The things that do have a lot of sentimental feelings for me were more difficult to deal with.  Such as the two unfinished/unpublished novels.  I never gave anyone a chance to publish them because I never sent them out.  But they have so much of my blood, sweat and tears involved.  The deciding factor was that when I wrote those books decades ago I didn’t have the life experience, the wisdom or the attention to craft that I do now.  If I feel like I need to that those exact same stories, I start over.

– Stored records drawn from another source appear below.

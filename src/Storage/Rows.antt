-- ===== src/Storage/Rows.antt =====
-- storage.go: how many of a row of inserts are taken, and rows one after the other.
use prom_sketch_distributed.Common.{
  ℕ, ◌+◌, String, ◌≡◌, refl, List, [], ◌∷◌, ◌++◌, arith, if◌then◌else◌, length, ℤ, is_ok,
}
use prom_sketch_distributed.Insert.Router.{Label}
use prom_sketch_distributed.Storage.{Sketches, Storage, insert}
use prom_sketch_distributed.Storage.Accounting.{insert_all}

module _ {S V : Type 0} (xxhash : String → ℕ) (get : List Label → String → String)
    (lib : Sketches S V) where
  -- How many of a row of inserts the storage takes.
  abbrev pub taken : List (List Label × ℤ × V) → Storage S → ℕ
  taken [] s = 0
  taken ((lbls, timestamp, value) ∷ rest) s =
      let (s', r) = insert xxhash get lib s lbls timestamp value in
      let n = taken rest s' in if is_ok r then n + 1 else n

  abbrev pub refused : List (List Label × ℤ × V) → Storage S → ℕ
  refused [] s = 0
  refused ((lbls, timestamp, value) ∷ rest) s =
      let (s', r) = insert xxhash get lib s lbls timestamp value in
      let n = refused rest s' in if is_ok r then n else n + 1

  pub taken-refused :
      (calls : List (List Label × ℤ × V)) (s : Storage S)
      → taken calls s + refused calls s ≡ length calls
  taken-refused [] s = refl
  taken-refused ((lbls, timestamp, value) ∷ rest) s =
      ground (arith, taken-refused rest (insert xxhash get lib s lbls timestamp value).0)

  pub taken-append :
      (xs ys : List (List Label × ℤ × V)) (s : Storage S)
      → (taken (xs ++ ys) s ≡ taken xs s + taken ys (insert_all xxhash get lib xs s))
        × (refused (xs ++ ys) s ≡ refused xs s + refused ys (insert_all xxhash get lib xs s))
        × (insert_all xxhash get lib (xs ++ ys) s
            ≡ insert_all xxhash get lib ys (insert_all xxhash get lib xs s))
  taken-append [] ys s = (omega arith, omega arith, refl)
  taken-append ((lbls, timestamp, value) ∷ xs) ys s =
      let (a, b, c) = taken-append xs ys (insert xxhash get lib s lbls timestamp value).0 in
      (ground (arith, a), ground (arith, b), c)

By ridding myself of items, ideas and dreams that had come to weigh me down I am making room for the items, friendship and ideas that buoy me.  As a result, my house now takes 2 hours to clean, top to bottom, instead of days; I revel in the small corner of the world in which I live and seek to not only maintain it, but make it better.  I am giving myself more time in which to plan ideas that help a community, like my snow-covered garden, grow, given a good foundation and plenty of sun.   

What have you set out for changes this year?